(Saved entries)
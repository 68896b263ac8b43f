-- ===== src/Workflows/Runs/Single.antt =====
-- At most one live run of a definition for a concurrency key.
use mathlib.Core.Path.{subst}
use mathlib.Core.Path.{subst}
use growth_operator.Workflows.Run.{Run}
use growth_operator.Workflows.Executor.{Env}
use growth_operator.Workflows.Advance.{Turn, again, returned, ended, drive, run_of}
use growth_operator.Workflows.Runs.{
  has_run_id, has_key, is_live, is_next, promoted, promote_next, promote_chain, run_in, option_is,
}
use growth_operator.Workflows.Runs.Narrow.{
  IsNarrow, Narrows, is_live-narrow, has_own_key, is_live-ended, is_live-idle, IsNarrow-drive,
}
use growth_operator.Workflows.Runs.Counts.{filter-update_first_le, filter-update_first_eq}
use growth_operator.Prelude.Counts.{filter-update_le, filter-update_lt}
use growth_operator.Prelude.{
  ◌≡◌, true, some, ℕ, String, arith, length, ◌∙◌, ◌≤◌, filter, ap, Option, false, Bool, List,
  update_where, find?, str_eq, zero, inl, none, str_eq_iff, ◌==◌, Option-cases, inr, Bool-cases,
  sym, ◌&&◌, suc, refl, find?-sound,
}

abbrev pub live_count : ℕ → String → List Run → ℕ
live_count d k runs = length (filter (is_live d k) runs)

-- For each definition and key.
abbrev pub AtMostOne : List Run → Type 0
AtMostOne runs = (d : ℕ) (k : String) → live_count d k runs ≤ 1

abbrev pub IsVacant : ℕ → Option String → List Run → Type 0
IsVacant d key runs = (k : String) → key ≡ some k → live_count d k runs ≡ 0

abbrev IsFreed : Turn → List Run → Type 0
IsFreed (ended r) runs = IsVacant r.definition.definition_id r.concurrency_key runs
IsFreed (returned r) runs = Unit
IsFreed (again r) runs = Unit

AtMostOne-update :
    (p : Run → Bool) (operate : Run → Turn) (runs : List Run)
    → IsNarrow operate
    → AtMostOne runs
    → AtMostOne (update_where p (λ r. run_of (operate r)) runs)
AtMostOne-update p operate runs narrow one d k = omega (
  arith,
  one d k,
  filter-update_le p (is_live d k) (λ r. run_of (operate r)) runs
      (λ x. is_live-narrow d k x (operate x) (narrow x)),
)

-- An operation that ends a live run leaves its key without one.
IsFreed-update :
    (p : Run → Bool) (operate : Run → Turn) (runs : List Run) (r : Run) (t : Turn)
    → IsNarrow operate
    → AtMostOne runs
    → find? p runs ≡ some r
    → operate r ≡ t
    → Narrows r t
    → IsFreed t (update_where p (λ x. run_of (operate x)) runs)
unfolding run_of
IsFreed-update p operate runs r (again r') narrow one at e n = tt
IsFreed-update p operate runs r (returned r') narrow one at e n = tt
IsFreed-update p operate runs r (ended r') narrow one at e (o, on, off) = λ k key.
    let d = r'.definition.definition_id in
    let live : is_live d k r ≡ true = is_live-ended d k r r' o on (has_own_key r' k key) in
    let idle : is_live d k (run_of (operate r)) ≡ false =
      ap (λ t. is_live d k (run_of t)) e ∙ is_live-idle d k r' off in
    omega (
      arith,
      one d k,
      filter-update_lt p p (is_live d k) (λ x. run_of (operate x)) runs r
          (λ x. is_live-narrow d k x (operate x) (narrow x)) at (find?-sound p runs r at) live idle,
    )

option_is-some :
    (o : Option String) (j k : String)
    → option_is o j ≡ true
    → option_is o k ≡ true
    → str_eq j k ≡ true
option_is-some none j k h g = absurd (ground (arith, h))
option_is-some (some s) j k h g =
    let a = (str_eq_iff s j).0 h in
    let b = (str_eq_iff s k).0 g in subst (λ (x : String). str_eq x k ≡ true) a g

-- A run has one definition and one key.
has_key_unique :
    (d d' : ℕ) (k k' : String) (run : Run)
    → has_key d k run ≡ true
    → has_key d' k' run ≡ true
    → (d ≡ d') × (str_eq k k' ≡ true)
unfolding has_key
has_key_unique d d' k k' run h g = (
  ground (arith, h, g),
  option_is-some run.concurrency_key k k' (ground (arith, h)) (ground (arith, g)),
)

is_next-key : (d : ℕ) (k : String) (run : Run) → is_next d k run ≡ true → has_key d k run ≡ true
unfolding is_next
is_next-key d k run h = ground (arith, h)

is_live-key : (d : ℕ) (k : String) (run : Run) → is_live d k run ≡ true → has_key d k run ≡ true
unfolding is_live
is_live-key d k run h = ground (arith, h)

has_key-promoted : (d : ℕ) (k : String) (run : Run) → has_key d k (promoted run) ≡ has_key d k run
unfolding promoted has_key
has_key-promoted d k run = refl

pub vacant_of :
    (d d' : ℕ) (k k' : String) (runs : List Run)
    → d ≡ d'
    → str_eq k k' ≡ true
    → live_count d k runs ≡ 0
    → live_count d' k' runs ≡ 0
vacant_of d d' k k' runs e s z =
    let same = (str_eq_iff k k').0 s in
    subst (λ (x : ℕ). live_count x k' runs ≡ 0) e
      (subst (λ (x : String). live_count d x runs ≡ 0) same z)

-- A promotion where no run of the key is live.
AtMostOne-promote_next :
    (d : ℕ) (key : Option String) (runs : List Run)
    → AtMostOne runs
    → IsVacant d key runs
    → AtMostOne (promote_next d key runs).1
unfolding promote_next
AtMostOne-promote_next d none runs one free d' k' = one d' k'
AtMostOne-promote_next d (some k) runs one free d' k' = elim (Bool-cases (d == d' && str_eq k k')) [
  | inl same ↦
      let zero_live =
        vacant_of d d' k k' runs (ground (arith, same)) (ground (arith, same)) (free k refl) in
      omega (arith, zero_live, filter-update_first_le (is_next d k) (is_live d' k') promoted runs)
  | inr other ↦ omega (
    arith,
    one d' k',
    filter-update_first_eq (is_next d k) (is_live d' k') promoted runs (distinct other),
  )
]
  where
    distinct :
        (d == d' && str_eq k k') ≡ false
        → (x : Run) → is_next d k x ≡ true
        → is_live d' k' (promoted x) ≡ true
        → is_live d' k' x ≡ true
    distinct other x n l =
        let both =
          has_key_unique d d' k k' x (is_next-key d k x n)
            (sym (has_key-promoted d' k' x) ∙ is_live-key d' k' (promoted x) l) in
        absurd (ground (arith, other, both.0, both.1))

AtMostOne-promote_chain :
    (fuel : ℕ) (env : Env) (t : Turn) (runs : List Run)
    → AtMostOne runs
    → IsFreed t runs
    → AtMostOne (promote_chain fuel env t runs)
unfolding promote_chain
AtMostOne-promote_chain fuel env (again r) runs one free = one
AtMostOne-promote_chain fuel env (returned r) runs one free = one
AtMostOne-promote_chain zero env (ended r) runs one free = one
AtMostOne-promote_chain (suc fuel) env (ended r) runs one free =
    let d = r.definition.definition_id in
    let after = (promote_next d r.concurrency_key runs).1 in
    let one_after = AtMostOne-promote_next d r.concurrency_key runs one free in
    elim (Option-cases (promote_next d r.concurrency_key runs).0) [
      | inl nobody ↦ rw (promote_chain, nobody) one_after
      | inr (q, found) ↦ elim (Option-cases (find? (has_run_id q.run_id) after)) [
        | inl missing ↦ rw (promote_chain, found, missing) one_after
        | inr (x, at) ↦
            rw (promote_chain, found, at)
              (AtMostOne-promote_chain fuel env (drive env x)
                (update_where (has_run_id q.run_id) (λ y. run_of (drive env y)) after)
                (AtMostOne-update (has_run_id q.run_id) (drive env) after (IsNarrow-drive env)
                  one_after)
                (IsFreed-update (has_run_id q.run_id) (drive env) after x (drive env x)
                  (IsNarrow-drive env) one_after at refl (IsNarrow-drive env x)))
      ]
    ]

pub AtMostOne-run_in :
    (env : Env) (operate : Run → Turn) (id : ℕ) (runs : List Run)
    → IsNarrow operate
    → AtMostOne runs
    → AtMostOne (run_in env operate id runs)
unfolding run_in
AtMostOne-run_in env operate id runs narrow one = elim (Option-cases (find? (has_run_id id) runs)) [
  | inl missing ↦ rw (run_in, missing) one
  | inr (r, at) ↦
      rw (run_in, at)
        (AtMostOne-promote_chain (length runs) env (operate r)
          (update_where (has_run_id id) (λ x. run_of (operate x)) runs)
          (AtMostOne-update (has_run_id id) operate runs narrow one)
          (IsFreed-update (has_run_id id) operate runs r (operate r) narrow one at refl (narrow r)))
]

=== YOUR ASSIGNMENT ===
In the entries above, one line contains "p (λ x. run_of (operate x)) runs)" and another contains "IsFreed-update p operate runs r (ended". Reproduce exactly those two lines and the lines between them, nothing else.

=== OUTPUT BELOW ===
    → IsFreed t (update_where p (λ x. run_of (operate x)) runs)
unfolding run_of
IsFreed-update p operate runs r (again r') narrow one at e n = tt
IsFreed-update p operate runs r (returned r') narrow one at e n = tt
IsFreed-update p operate runs r (ended r') narrow one at e (o, on, off) = λ k key.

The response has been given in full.